Which lines below contain the word "List"? Copy each of them.

◆ ◆ ◆ ◆ ◆

-- ===== src/Process.antt =====
-- The memory of a process: `set_user_pages` and `free_user_pages` of zeOS/mm.c, `sys_sbrk` and
-- `sys_exit` of zeOS/sys.c.
pub mod Release
pub mod Exit
pub mod Map
pub mod Heap
mod Tests
use so2_soa_fib.Common.{
  ℕ, zero, suc, ◌+◌, ◌-◌, ◌/◌, ◌%◌, ◌^◌, Bool, Option, none, some, List, [], ◌∷◌, ◌>>=◌, ◌==◌, ltb,
  if◌then◌else◌, update, ℤ, pos, negsuc, neg,
}
use so2_soa_fib.Frames.{PhysMem, alloc_frame, free_frame, reserve}
use so2_soa_fib.PageTable.{
  PageTable, with_present, with_rw, with_user, with_pbase_addr, set_ss_pag, del_ss_pag, get_frame,
}
use so2_soa_fib.Kernel.{Kernel, Task, current, set_task, get_pt, freequeue}
use so2_soa_fib.Sched.{update_process_state_rr, sched_next_rr}

-- PAG_LOG_INIT_CODE, NUM_PAG_CODE, PAG_LOG_INIT_DATA, NUM_PAG_DATA, L_HEAP_START and HEAP_FIRST_PAGE
abbrev pub pag_log_init_code : ℕ
pag_log_init_code = 256

abbrev pub num_pag_code : ℕ
num_pag_code = 8

abbrev pub pag_log_init_data : ℕ
pag_log_init_data = 264

abbrev pub num_pag_data : ℕ
num_pag_data = 20

abbrev pub l_heap_start : ℕ
l_heap_start = 0x11c000

abbrev pub heap_first_page : ℕ
heap_first_page = 284

-- PAG_HEAP of an `unsigned long`.
abbrev pub pag_heap : ℕ → ℕ
pag_heap brk = (brk + 2 ^ 32 - l_heap_start) % 2 ^ 32 / 4096

-- The frames and one page table.
pub record Space : Type 0 where
  pub frames : PhysMem
  pub table : PageTable

-- The frame that `alloc_frame` gives, as an `int` that is stored in 20 bits: -1 is all ones.
abbrev pub frame_bits : Option ℕ → ℕ
frame_bits none = 2 ^ 32 - 1
frame_bits (some f) = f

-- An entry of the code, and one of the data.
unfoldable pub code_entry : ℕ → ℕ
unfolding with_present with_user with_pbase_addr
code_entry f = with_present (with_user (with_pbase_addr f 0))

unfoldable pub data_entry : ℕ → ℕ
unfolding with_present with_rw with_user with_pbase_addr
data_entry f = with_present (with_rw (with_user (with_pbase_addr f 0)))

-- One of the two loops of `set_user_pages`, over `n` pages from `page` on.
unfoldable pub user_pages : (ℕ → ℕ) → ℕ → ℕ → Space → Space
user_pages entry zero page s = s
user_pages entry (suc n) page s =
    let (f, frames) = alloc_frame s.frames in
    user_pages entry n (suc page)
      (record { frames = frames; table = update s.table page (entry (frame_bits f)) })

-- The table of a task and the frames, taken out of the state and put back.
unfoldable pub in_space : (Space → Space) → ℕ → Kernel → Kernel
in_space f i k =
    let page = get_pt k (k.task i) in
    let s = f (record { frames = k.phys_mem; table = k.tables page }) in
    record k { phys_mem = s.frames; tables = update k.tables page s.table }

unfoldable pub set_user_pages : ℕ → Kernel → Kernel
unfolding in_space user_pages code_entry data_entry
set_user_pages i k =
    in_space
      (λ s.
        user_pages data_entry num_pag_data pag_log_init_data
          (user_pages code_entry num_pag_code pag_log_init_code s))
      i k

-- `free_frame` of the frame of each of `n` pages from `page` on, and the page unmapped.
unfoldable pub release : ℕ → ℕ → Space → Space
unfolding get_frame del_ss_pag
release zero page s = s
release (suc n) page s = release n (suc page) (record {
  frames = free_frame (get_frame s.table page) s.frames;
  table = del_ss_pag s.table page;
})

unfoldable pub free_user_pages : ℕ → Kernel → Kernel
unfolding in_space release
free_user_pages i k = in_space (release num_pag_data pag_log_init_data) i k

-- NUM_PAG_DATA_HEAP, the rounds of the loops of `sys_exit` and `sys_fork`. In the code `brk` is an
-- `int` and PAG_HEAP an arithmetic shift: the pages of the heap are a negative number where the
-- difference from L_HEAP_START is one, and where the sum is negative the loops do nothing.
unfoldable pub num_pag_data_heap : ℕ → ℕ
num_pag_data_heap brk =
    let difference = (brk + 2 ^ 32 - l_heap_start) % 2 ^ 32 in
    let rest = if brk % 4096 == 0 then 0 else 1 in
    if ltb difference (2 ^ 31)
    then num_pag_data + difference / 4096 + rest
    else num_pag_data + rest - (2 ^ 32 - difference + 4095) / 4096

unfoldable pub sys_exit : Kernel → Option Kernel
unfolding in_space release num_pag_data_heap set_task
sys_exit k = do
  let k = in_space (release (num_pag_data_heap (current k).brk) pag_log_init_data) k.running k
  let t = current k
  let k = set_task k.running (record t { pid = neg 1 }) k
  k ← update_process_state_rr k.running freequeue k
  sched_next_rr k

-- The second loop of `sys_sbrk`: the frames are mapped one page after another.
unfoldable pub map_frames : List ℕ → ℕ → PageTable → PageTable
map_frames [] page pt = pt
map_frames (f ∷ fs) page pt = map_frames fs (suc page) (set_ss_pag pt page f)

unfoldable pub set_brk : ℕ → Kernel → Kernel
unfolding set_task
set_brk brk k = let t = current k in set_task k.running (record t { brk = brk }) k

-- The first page of the heap behind an address that may be in the middle of a page.
abbrev pub next_page : ℕ → ℕ
next_page a = heap_first_page + pag_heap a + (if a % 4096 == 0 then 0 else 1)

-- The difference of two pages of the heap, and one page more if `a` is the start of a page. Where the
-- `int` of the code is negative, its loops do nothing, as for 0.
abbrev pub pages_between : ℕ → ℕ → ℕ → ℕ
pages_between low high a = pag_heap high + (if a % 4096 == 0 then 1 else 0) - pag_heap low

unfoldable pub grown : ℕ → ℕ → Kernel → Option (List ℕ) × PhysMem → ℤ × Kernel
unfolding map_frames set_brk
grown brk n k (none, mem) = (neg 1, record k { phys_mem = mem })
grown brk n k (some fs, mem) =
    let page = get_pt k (current k) in
    let pt = map_frames fs (next_page brk) (k.tables page) in
    (
      pos brk,
      set_brk ((brk + n) % 2 ^ 32) (record k { phys_mem = mem; tables = update k.tables page pt }),
    )

-- `brk + n` does not wrap: the array of a negative number of frames is not defined in C.
unfoldable pub grow : ℕ → ℕ → Kernel → ℤ × Kernel
unfolding grown
grow brk n k = grown brk n k (reserve (pages_between brk (brk + n) brk) k.phys_mem)

unfoldable pub shrink : ℕ → ℕ → Kernel → ℤ × Kernel
unfolding in_space release set_brk
shrink brk n k =
    let low = (brk + 2 ^ 32 - n) % 2 ^ 32 in
    let dest = if ltb low l_heap_start then l_heap_start else low in
    (
      pos brk,
      set_brk dest (in_space (release (pages_between dest brk dest) (next_page dest)) k.running k),
    )

unfoldable pub sys_sbrk : ℤ → Kernel → ℤ × Kernel
unfolding grow shrink set_brk
sys_sbrk (pos zero) k = (pos (current k).brk, set_brk (current k).brk k)
sys_sbrk (pos (suc n)) k = grow (current k).brk (suc n) k
sys_sbrk (negsuc n) k =
    if (current k).brk == l_heap_start then (neg 1, k) else shrink (current k).brk (suc n) k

◆ ◆ ◆ ◆ ◆

(Completed task)
  ℕ, zero, suc, ◌+◌, ◌-◌, ◌/◌, ◌%◌, ◌^◌, Bool, Option, none, some, List, [], ◌∷◌, ◌>>=◌, ◌==◌, ltb,
unfoldable pub map_frames : List ℕ → ℕ → PageTable → PageTable
unfoldable pub grown : ℕ → ℕ → Kernel → Option (List ℕ) × PhysMem → ℤ × Kernel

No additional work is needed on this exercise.